**Task brief**
Reading the records below, count the lines in which the string "fuel" appears; write the number only.

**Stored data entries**
┄┄┄┄┄┄
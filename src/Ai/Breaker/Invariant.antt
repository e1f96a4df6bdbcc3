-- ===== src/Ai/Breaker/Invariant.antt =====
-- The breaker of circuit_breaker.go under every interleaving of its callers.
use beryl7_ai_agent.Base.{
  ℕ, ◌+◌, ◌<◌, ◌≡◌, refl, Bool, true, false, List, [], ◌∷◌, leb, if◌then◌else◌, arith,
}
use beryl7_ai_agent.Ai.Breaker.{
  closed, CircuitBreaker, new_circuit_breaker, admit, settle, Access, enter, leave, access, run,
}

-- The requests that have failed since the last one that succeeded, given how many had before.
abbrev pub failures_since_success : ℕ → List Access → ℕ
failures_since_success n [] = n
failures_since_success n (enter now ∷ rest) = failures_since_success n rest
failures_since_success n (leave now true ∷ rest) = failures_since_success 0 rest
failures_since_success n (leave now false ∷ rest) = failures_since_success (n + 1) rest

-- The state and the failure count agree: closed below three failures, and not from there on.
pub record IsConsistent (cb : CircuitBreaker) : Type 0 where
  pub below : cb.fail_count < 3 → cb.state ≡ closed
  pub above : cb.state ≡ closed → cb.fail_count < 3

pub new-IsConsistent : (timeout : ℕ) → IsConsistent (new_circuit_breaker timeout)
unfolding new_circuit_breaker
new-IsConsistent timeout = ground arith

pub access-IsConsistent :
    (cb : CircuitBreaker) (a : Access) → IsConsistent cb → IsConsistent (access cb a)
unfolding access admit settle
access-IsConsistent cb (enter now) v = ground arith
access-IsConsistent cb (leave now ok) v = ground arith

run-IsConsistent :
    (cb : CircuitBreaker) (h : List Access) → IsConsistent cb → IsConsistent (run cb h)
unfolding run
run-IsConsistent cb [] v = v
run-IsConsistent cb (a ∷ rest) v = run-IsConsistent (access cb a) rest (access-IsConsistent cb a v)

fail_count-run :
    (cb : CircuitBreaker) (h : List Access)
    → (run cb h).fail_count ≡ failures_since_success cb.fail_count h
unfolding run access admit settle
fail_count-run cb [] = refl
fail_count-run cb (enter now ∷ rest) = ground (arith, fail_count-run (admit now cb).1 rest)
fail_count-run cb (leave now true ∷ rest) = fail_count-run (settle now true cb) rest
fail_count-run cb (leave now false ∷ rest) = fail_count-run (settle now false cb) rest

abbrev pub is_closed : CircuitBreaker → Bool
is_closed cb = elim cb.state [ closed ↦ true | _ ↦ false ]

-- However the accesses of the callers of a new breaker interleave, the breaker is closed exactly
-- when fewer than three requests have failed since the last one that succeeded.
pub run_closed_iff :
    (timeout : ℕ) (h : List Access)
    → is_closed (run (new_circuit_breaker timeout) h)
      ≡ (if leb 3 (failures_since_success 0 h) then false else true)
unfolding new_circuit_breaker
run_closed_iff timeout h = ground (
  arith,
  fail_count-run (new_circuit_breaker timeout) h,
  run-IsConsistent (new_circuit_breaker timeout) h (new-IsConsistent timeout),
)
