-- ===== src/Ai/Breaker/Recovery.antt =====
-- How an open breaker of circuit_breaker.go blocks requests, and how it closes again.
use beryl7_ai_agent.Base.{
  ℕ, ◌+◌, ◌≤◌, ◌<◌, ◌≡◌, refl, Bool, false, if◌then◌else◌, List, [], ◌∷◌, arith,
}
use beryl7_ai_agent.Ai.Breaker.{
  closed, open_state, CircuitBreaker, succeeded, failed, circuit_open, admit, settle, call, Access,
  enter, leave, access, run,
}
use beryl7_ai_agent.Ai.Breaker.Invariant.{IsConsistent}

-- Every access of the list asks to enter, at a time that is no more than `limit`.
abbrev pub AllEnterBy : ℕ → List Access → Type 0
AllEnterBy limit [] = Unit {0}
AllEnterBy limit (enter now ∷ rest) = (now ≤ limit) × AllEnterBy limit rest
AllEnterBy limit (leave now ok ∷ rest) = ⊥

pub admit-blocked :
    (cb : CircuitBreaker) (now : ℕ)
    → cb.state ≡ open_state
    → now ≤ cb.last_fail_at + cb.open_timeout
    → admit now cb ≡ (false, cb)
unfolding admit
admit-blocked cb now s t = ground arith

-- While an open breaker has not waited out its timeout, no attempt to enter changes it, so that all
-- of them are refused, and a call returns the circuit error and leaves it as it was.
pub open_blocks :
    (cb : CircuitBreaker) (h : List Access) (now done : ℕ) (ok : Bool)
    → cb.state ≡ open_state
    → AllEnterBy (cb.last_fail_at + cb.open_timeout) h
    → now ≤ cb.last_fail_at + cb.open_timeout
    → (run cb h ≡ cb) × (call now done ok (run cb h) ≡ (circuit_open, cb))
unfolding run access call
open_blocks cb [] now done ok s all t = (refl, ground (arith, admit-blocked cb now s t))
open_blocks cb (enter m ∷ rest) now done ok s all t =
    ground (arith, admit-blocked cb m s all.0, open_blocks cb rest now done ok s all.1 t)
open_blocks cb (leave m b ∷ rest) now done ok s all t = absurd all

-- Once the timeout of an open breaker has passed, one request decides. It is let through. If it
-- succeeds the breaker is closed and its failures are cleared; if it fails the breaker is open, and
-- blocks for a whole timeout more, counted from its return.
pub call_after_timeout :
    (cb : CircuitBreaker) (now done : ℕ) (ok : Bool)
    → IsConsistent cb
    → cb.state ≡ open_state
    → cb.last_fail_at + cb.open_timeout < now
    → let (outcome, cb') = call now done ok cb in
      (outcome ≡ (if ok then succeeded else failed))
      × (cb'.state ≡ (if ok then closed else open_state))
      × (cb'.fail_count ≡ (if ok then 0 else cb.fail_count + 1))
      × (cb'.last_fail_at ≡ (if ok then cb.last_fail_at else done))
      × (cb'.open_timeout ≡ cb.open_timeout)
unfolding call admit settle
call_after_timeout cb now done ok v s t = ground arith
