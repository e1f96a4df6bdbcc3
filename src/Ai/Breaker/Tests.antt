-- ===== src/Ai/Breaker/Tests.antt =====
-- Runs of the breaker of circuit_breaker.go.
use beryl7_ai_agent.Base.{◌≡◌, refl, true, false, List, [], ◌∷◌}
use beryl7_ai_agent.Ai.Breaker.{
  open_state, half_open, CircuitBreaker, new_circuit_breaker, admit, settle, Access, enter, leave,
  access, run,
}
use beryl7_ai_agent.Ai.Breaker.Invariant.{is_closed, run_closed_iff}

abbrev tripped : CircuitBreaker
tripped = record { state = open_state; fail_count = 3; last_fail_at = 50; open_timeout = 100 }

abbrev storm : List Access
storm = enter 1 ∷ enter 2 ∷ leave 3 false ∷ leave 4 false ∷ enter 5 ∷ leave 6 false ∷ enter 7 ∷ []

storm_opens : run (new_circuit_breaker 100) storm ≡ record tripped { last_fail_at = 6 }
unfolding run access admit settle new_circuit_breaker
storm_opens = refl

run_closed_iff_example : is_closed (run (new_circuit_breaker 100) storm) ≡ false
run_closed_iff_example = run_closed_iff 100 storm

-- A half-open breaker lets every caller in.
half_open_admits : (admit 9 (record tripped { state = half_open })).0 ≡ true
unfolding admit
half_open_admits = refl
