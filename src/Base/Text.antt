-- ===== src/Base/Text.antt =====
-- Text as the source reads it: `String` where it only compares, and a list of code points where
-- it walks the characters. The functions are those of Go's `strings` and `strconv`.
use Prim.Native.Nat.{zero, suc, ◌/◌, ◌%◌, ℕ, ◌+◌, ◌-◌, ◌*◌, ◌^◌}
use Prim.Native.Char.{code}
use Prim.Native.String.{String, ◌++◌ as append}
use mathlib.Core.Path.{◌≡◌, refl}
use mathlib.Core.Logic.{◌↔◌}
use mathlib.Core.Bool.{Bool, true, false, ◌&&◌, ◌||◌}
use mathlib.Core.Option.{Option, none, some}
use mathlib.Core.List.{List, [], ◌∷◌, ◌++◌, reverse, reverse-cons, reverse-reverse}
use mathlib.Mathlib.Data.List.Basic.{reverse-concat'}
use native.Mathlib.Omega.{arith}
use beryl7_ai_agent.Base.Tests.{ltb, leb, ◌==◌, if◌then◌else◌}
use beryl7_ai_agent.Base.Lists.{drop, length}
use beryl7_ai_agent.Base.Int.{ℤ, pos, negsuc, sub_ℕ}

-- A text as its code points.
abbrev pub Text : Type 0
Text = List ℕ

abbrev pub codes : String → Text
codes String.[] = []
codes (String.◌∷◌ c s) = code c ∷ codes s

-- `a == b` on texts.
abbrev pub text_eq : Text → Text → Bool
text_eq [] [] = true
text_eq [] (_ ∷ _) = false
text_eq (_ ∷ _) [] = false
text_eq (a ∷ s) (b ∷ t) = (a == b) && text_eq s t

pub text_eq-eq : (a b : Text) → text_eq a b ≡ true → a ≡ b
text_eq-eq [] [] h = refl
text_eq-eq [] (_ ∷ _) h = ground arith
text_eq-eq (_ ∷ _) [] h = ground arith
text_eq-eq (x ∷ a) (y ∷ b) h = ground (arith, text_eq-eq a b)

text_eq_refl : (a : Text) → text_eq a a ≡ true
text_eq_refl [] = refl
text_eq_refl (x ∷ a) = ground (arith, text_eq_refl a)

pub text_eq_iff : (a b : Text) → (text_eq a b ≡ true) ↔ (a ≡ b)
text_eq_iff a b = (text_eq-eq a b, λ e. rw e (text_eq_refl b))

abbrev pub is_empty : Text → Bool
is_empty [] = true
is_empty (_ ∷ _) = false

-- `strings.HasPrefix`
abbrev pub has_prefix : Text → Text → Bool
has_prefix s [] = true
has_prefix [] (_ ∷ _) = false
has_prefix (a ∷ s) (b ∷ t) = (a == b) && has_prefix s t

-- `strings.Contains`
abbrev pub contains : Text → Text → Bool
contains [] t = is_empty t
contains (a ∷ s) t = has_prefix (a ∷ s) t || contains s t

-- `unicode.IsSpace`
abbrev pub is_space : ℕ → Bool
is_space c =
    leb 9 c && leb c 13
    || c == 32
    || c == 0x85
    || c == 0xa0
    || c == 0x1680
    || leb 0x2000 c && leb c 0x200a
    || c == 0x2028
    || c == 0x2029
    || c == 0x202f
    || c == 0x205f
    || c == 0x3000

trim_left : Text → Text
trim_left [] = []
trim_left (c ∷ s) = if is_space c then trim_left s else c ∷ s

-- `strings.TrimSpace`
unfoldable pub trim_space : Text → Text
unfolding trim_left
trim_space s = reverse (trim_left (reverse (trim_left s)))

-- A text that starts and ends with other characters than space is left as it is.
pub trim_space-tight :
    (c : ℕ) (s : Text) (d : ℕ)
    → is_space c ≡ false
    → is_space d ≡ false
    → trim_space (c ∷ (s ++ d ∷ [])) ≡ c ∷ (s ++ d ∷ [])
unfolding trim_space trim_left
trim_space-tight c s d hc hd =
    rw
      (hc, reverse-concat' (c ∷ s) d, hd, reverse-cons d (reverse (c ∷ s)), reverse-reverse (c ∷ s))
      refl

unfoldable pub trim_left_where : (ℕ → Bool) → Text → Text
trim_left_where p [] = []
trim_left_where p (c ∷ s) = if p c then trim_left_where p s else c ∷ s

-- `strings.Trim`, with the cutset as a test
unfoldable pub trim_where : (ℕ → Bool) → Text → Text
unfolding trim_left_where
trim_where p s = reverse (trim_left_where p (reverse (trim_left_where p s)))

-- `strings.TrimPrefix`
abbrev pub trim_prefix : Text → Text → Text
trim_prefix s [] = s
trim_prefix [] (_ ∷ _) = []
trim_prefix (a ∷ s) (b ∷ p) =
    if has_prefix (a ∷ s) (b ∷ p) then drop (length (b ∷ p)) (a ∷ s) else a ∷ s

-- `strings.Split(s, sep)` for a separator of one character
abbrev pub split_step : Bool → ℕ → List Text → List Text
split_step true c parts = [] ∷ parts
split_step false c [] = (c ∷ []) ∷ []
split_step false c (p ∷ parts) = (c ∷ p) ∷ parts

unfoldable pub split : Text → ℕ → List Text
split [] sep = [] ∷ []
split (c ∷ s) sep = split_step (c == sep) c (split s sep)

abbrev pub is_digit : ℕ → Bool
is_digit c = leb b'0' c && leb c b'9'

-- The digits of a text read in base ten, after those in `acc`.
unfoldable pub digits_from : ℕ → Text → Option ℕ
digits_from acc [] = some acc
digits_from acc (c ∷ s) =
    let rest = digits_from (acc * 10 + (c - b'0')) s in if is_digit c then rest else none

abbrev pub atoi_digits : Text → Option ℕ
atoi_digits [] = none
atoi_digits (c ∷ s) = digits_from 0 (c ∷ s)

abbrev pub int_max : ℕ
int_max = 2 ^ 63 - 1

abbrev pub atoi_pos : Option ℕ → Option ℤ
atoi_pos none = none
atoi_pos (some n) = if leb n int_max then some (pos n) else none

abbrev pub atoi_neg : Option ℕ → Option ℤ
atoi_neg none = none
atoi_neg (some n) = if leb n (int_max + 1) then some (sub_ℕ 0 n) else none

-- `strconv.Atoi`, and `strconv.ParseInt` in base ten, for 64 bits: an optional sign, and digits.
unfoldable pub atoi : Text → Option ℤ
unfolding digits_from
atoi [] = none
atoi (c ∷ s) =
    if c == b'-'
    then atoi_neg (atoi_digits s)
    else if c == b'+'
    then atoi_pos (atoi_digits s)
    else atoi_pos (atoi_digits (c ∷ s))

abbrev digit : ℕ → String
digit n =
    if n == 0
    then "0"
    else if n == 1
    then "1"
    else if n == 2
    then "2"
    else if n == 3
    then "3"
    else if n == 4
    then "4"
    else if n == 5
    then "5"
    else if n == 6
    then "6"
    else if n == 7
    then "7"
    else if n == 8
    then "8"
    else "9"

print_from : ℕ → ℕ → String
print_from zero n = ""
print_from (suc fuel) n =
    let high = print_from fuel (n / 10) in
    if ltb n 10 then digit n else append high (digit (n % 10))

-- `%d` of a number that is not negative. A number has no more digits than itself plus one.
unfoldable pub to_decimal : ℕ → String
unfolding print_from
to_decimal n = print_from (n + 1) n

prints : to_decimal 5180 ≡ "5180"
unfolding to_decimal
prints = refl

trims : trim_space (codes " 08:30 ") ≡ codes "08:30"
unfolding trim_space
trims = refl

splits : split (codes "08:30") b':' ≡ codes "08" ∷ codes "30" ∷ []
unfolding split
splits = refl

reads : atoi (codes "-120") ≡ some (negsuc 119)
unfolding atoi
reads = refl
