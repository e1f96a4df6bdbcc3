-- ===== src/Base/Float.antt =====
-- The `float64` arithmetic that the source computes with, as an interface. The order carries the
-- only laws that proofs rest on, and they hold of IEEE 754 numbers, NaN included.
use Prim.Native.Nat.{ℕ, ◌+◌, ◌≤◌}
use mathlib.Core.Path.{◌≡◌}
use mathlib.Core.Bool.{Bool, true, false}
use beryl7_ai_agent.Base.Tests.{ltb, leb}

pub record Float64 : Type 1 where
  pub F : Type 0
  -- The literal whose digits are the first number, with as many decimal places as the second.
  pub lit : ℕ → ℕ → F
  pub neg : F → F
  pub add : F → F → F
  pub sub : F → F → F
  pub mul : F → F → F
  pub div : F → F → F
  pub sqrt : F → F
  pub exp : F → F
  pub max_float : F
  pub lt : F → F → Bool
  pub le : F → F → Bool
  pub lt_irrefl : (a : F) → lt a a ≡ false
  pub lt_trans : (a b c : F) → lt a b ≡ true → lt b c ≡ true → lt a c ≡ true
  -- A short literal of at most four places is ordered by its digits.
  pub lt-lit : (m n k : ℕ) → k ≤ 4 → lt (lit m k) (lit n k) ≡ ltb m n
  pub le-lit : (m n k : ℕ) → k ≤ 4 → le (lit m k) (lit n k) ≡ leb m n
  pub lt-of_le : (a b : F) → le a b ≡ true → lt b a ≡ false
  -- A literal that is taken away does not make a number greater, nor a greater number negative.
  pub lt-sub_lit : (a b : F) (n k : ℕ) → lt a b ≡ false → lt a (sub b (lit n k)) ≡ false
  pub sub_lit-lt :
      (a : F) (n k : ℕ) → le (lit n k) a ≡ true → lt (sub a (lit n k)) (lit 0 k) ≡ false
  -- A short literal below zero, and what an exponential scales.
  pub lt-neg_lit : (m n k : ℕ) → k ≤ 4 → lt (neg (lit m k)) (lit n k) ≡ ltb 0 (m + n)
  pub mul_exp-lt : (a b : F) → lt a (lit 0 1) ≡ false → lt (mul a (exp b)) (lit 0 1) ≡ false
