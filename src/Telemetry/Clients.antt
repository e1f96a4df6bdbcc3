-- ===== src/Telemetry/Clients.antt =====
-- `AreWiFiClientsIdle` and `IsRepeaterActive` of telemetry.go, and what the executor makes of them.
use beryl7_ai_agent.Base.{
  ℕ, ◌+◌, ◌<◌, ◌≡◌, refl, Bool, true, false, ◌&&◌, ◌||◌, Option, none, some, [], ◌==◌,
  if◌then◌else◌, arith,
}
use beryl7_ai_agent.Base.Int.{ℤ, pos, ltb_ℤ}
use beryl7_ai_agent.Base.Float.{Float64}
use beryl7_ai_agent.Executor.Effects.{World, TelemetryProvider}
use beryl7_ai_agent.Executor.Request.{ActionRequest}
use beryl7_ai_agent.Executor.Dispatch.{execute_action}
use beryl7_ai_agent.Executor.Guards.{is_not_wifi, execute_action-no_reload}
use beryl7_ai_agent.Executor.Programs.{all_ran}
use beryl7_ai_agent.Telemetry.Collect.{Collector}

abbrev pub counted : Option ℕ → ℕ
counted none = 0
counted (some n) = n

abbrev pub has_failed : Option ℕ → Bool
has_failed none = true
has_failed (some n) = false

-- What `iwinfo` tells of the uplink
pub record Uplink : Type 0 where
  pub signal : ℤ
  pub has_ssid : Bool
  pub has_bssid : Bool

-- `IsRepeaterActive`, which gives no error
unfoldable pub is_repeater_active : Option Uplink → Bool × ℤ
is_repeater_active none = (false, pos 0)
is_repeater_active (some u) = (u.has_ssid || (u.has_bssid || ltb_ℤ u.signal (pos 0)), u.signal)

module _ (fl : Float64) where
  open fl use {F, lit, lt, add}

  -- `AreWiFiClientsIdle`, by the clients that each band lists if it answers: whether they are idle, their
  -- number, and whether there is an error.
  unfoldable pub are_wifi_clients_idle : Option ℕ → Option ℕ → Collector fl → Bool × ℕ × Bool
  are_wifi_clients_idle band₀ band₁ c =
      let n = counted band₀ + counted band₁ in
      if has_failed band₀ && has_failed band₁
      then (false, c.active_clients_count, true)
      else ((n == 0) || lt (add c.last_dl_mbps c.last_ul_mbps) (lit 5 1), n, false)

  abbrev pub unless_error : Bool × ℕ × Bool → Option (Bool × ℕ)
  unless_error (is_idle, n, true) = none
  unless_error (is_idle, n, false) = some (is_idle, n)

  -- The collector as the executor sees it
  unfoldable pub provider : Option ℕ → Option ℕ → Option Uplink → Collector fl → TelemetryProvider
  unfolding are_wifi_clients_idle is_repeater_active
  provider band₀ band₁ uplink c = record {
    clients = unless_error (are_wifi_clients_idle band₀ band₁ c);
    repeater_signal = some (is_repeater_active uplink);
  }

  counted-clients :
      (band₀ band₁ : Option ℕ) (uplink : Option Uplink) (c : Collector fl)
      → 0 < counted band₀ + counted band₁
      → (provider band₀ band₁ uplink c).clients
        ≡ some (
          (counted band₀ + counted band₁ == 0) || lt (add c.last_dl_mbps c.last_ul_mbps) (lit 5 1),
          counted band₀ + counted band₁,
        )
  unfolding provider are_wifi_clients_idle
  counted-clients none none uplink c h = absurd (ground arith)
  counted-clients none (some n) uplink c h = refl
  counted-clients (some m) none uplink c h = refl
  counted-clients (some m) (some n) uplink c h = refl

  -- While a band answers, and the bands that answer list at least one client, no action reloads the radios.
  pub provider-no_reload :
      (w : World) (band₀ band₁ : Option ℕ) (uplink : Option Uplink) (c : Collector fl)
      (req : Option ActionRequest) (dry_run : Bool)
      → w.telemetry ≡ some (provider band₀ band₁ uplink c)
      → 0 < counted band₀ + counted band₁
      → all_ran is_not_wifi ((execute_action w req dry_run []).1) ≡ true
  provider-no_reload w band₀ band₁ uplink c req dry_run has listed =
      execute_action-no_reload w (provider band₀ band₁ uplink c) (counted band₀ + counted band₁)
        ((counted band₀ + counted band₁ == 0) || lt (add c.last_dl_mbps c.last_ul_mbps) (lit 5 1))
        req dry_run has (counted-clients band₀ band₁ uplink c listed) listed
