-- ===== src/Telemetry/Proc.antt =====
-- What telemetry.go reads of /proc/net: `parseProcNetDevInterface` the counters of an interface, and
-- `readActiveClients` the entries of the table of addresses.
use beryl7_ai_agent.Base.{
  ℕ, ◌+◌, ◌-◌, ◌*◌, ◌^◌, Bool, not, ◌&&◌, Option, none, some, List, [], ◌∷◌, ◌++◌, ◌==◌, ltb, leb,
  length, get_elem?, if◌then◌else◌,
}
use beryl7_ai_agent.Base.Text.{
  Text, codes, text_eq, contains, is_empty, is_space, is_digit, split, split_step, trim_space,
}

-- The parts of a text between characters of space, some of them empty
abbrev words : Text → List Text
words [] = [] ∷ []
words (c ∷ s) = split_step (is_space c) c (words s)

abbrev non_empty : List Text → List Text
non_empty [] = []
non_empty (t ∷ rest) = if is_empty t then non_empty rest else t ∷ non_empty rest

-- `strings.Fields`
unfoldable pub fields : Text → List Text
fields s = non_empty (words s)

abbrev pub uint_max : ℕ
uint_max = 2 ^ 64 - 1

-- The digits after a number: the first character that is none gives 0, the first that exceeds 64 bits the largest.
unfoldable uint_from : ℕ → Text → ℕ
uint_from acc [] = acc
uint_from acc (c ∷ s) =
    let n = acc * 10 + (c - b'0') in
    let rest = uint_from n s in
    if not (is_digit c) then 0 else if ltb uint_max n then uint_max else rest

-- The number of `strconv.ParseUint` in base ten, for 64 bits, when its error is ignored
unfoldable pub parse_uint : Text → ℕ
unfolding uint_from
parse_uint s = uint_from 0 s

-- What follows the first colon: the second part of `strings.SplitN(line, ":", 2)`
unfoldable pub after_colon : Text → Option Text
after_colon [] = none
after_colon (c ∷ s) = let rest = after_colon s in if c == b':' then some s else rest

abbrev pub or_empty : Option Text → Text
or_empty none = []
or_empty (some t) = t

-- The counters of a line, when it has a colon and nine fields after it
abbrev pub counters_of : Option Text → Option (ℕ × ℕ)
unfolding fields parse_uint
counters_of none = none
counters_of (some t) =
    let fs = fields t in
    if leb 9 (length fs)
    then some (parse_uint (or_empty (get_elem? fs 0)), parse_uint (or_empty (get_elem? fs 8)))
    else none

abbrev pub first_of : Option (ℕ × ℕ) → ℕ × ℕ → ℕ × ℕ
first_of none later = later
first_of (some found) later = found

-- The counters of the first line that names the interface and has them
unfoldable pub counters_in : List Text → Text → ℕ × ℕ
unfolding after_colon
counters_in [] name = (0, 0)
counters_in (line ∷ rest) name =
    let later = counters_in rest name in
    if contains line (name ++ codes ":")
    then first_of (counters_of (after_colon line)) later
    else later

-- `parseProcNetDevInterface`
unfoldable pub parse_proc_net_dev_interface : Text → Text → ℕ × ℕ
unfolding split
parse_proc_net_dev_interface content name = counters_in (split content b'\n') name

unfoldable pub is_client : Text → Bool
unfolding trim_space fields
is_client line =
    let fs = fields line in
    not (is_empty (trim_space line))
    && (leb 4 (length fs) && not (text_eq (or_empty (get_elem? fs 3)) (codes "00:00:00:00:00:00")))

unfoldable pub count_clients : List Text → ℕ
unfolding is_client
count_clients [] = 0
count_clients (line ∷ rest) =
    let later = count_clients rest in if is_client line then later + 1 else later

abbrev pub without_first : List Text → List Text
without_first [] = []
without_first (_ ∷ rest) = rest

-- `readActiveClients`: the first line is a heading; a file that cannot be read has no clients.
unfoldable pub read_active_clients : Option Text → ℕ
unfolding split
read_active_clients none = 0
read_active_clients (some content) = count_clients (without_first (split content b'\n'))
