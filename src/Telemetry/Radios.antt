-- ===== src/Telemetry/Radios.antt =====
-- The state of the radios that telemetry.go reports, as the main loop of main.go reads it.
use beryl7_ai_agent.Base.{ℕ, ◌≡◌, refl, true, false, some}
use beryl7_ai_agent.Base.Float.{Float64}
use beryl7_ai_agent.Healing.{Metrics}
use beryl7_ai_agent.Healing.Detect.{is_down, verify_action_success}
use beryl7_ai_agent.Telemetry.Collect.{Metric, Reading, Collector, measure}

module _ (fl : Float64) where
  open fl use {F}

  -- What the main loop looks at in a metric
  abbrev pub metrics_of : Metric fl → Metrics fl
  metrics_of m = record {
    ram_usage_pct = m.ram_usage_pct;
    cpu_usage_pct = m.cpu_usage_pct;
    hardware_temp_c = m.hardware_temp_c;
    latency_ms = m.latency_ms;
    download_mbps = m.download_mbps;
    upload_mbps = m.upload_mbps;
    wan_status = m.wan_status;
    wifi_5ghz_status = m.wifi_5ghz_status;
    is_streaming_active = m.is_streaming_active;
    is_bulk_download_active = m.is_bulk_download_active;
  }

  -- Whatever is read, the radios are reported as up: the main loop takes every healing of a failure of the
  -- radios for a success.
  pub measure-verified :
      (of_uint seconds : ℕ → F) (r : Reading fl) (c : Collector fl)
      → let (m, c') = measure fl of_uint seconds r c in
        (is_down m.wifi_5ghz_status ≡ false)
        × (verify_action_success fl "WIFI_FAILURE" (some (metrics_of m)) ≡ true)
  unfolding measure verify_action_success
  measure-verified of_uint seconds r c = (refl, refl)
┄┄┄┄┄┄
**Task result**
2